My proposal is the following:

  • Introduce 3 new fields called AllowQuestionTokenAtStartOfString, AllowDollarTokenAtStartOfString and AllowAtTokenAtStartOfString in MCAsmInfo.h which will encapsulate the previously documented behaviour of "allowing $, @, ? characters at the start of symbol names")
  • Introduce these fields where "$", "@" are lexed, and treat them as identifiers depending on whether Allow[Dollar|At]TokenAtStartOfString is set.
  • For the sole case of "?", append it to the existing logic for treating a "default" token as an Identifier.

z/OS (HLASM) will also make use of some of these fields in follow up patches.

completely accurate* - This was based on the comments and the intended behaviour the code. I might have completely misinterpreted it, and if that is the case my sincere apologies. We can close this patch if necessary, if there are no changes to be made :)

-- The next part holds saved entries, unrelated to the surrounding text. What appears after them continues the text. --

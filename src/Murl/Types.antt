-- ===== src/Murl/Types.antt =====
-- crates/murl-core/src/murl.rs: the data of a mURL, its limits and its parse errors. Where the source
-- puts a message text into an error, the model names the reason by a constructor.
use m_url.Base.{ℕ, List, Option, Bool, true, false, ◌||◌}
use m_url.Base.Text.{Bytes, codes, bytes_eq, ends_with_text}

abbrev pub max_murl_len : ℕ
max_murl_len = 1024

abbrev pub max_segments : ℕ
max_segments = 8

abbrev pub max_segment_bytes : ℕ
max_segment_bytes = 64

abbrev pub max_authority_len : ℕ
max_authority_len = 253

abbrev pub max_selector_items : ℕ
max_selector_items = 8

abbrev pub local_authority : Bytes
local_authority = codes "local"

pub data AuthorityFault : Type 0 where
  host_too_long local_takes_no_port bad_label bad_label_bytes label_edge_dash : AuthorityFault

pub data SegmentFault : Type 0 where
  not_utf8 control_character path_separator dot_segment : SegmentFault

pub data EscapeFault : Type 0 where
  truncated_escape bad_hex_digits : EscapeFault

pub data VersionFault : Type 0 where
  empty_version too_many_components bad_component leading_zero : VersionFault

pub data SelectorFault : Type 0 where
  empty_fragment too_many_items bad_role bad_tag bad_id : SelectorFault

pub data MurlParseError : Type 0 where
  too_long : MurlParseError
  canonical_too_long : ℕ → MurlParseError
  invalid_character : ℕ → MurlParseError
  missing_scheme missing_authority userinfo_forbidden ipv6_not_supported : MurlParseError
  invalid_authority : AuthorityFault → MurlParseError
  invalid_port : Bytes → MurlParseError
  missing_name empty_segment too_many_segments segment_too_long : MurlParseError
  invalid_segment : SegmentFault → MurlParseError
  invalid_percent_encoding : EscapeFault → MurlParseError
  misplaced_version_marker : MurlParseError
  invalid_version : VersionFault → MurlParseError
  invalid_selector : SelectorFault → MurlParseError
  invalid_query : Bytes → MurlParseError

-- `local`, or a host with an optional port.
pub data Authority : Type 0 where
  local : Authority
  remote : (host : Bytes) (port : Option ℕ) → Authority

unfoldable pub is_local : Authority → Bool
is_local local = true
is_local (remote host port) = false

unfoldable pub is_loopback : Authority → Bool
is_loopback local = false
is_loopback (remote host port) =
    bytes_eq host (codes "localhost")
    || bytes_eq host (codes "127.0.0.1")
    || ends_with_text (codes ".localhost") host

pub data VersionTag : Type 0 where
  latest : VersionTag
  pinned : List ℕ → VersionTag

pub data SelectorItem : Type 0 where
  id role tag : Bytes → SelectorItem

pub record Murl : Type 0 where
  pub authority : Authority
  pub name : List Bytes
  pub version : VersionTag
  pub selector : Option (List SelectorItem)
  pub query : Option Bytes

Depends on https://reviews.llvm.org/D99374

Diff Detail

Event Timeline

anirudhp created this revision.Apr 5 2021, 9:58 AM
anirudhp requested review of this revision.Apr 5 2021, 9:58 AM
Herald added a project: Restricted Project. · View Herald TranscriptApr 5 2021, 9:58 AM
anirudhp retitled this revision from [AsmParser][ms][X86] Fix possible error in parsing of special tokens at start of string. to [AsmParser][ms][X86] Fix possible misbehaviour in parsing of special tokens at start of string..Apr 5 2021, 10:04 AM

I'm new to reviewing code here, so call me out if I mess up the etiquette. :)

Is it worth adding a non-backend-specific test in this patch too? It looks like this adds support for X86 identifiers starting with $ (I'm actually surprised this wasn't allowed before).

I have some reservations about having so many separate functions for specifying the identifier character set but to be honest I think it'll shake out if any further changes are needed in that area. (I guess you could probably add a flagset but that's probably premature at this stage.)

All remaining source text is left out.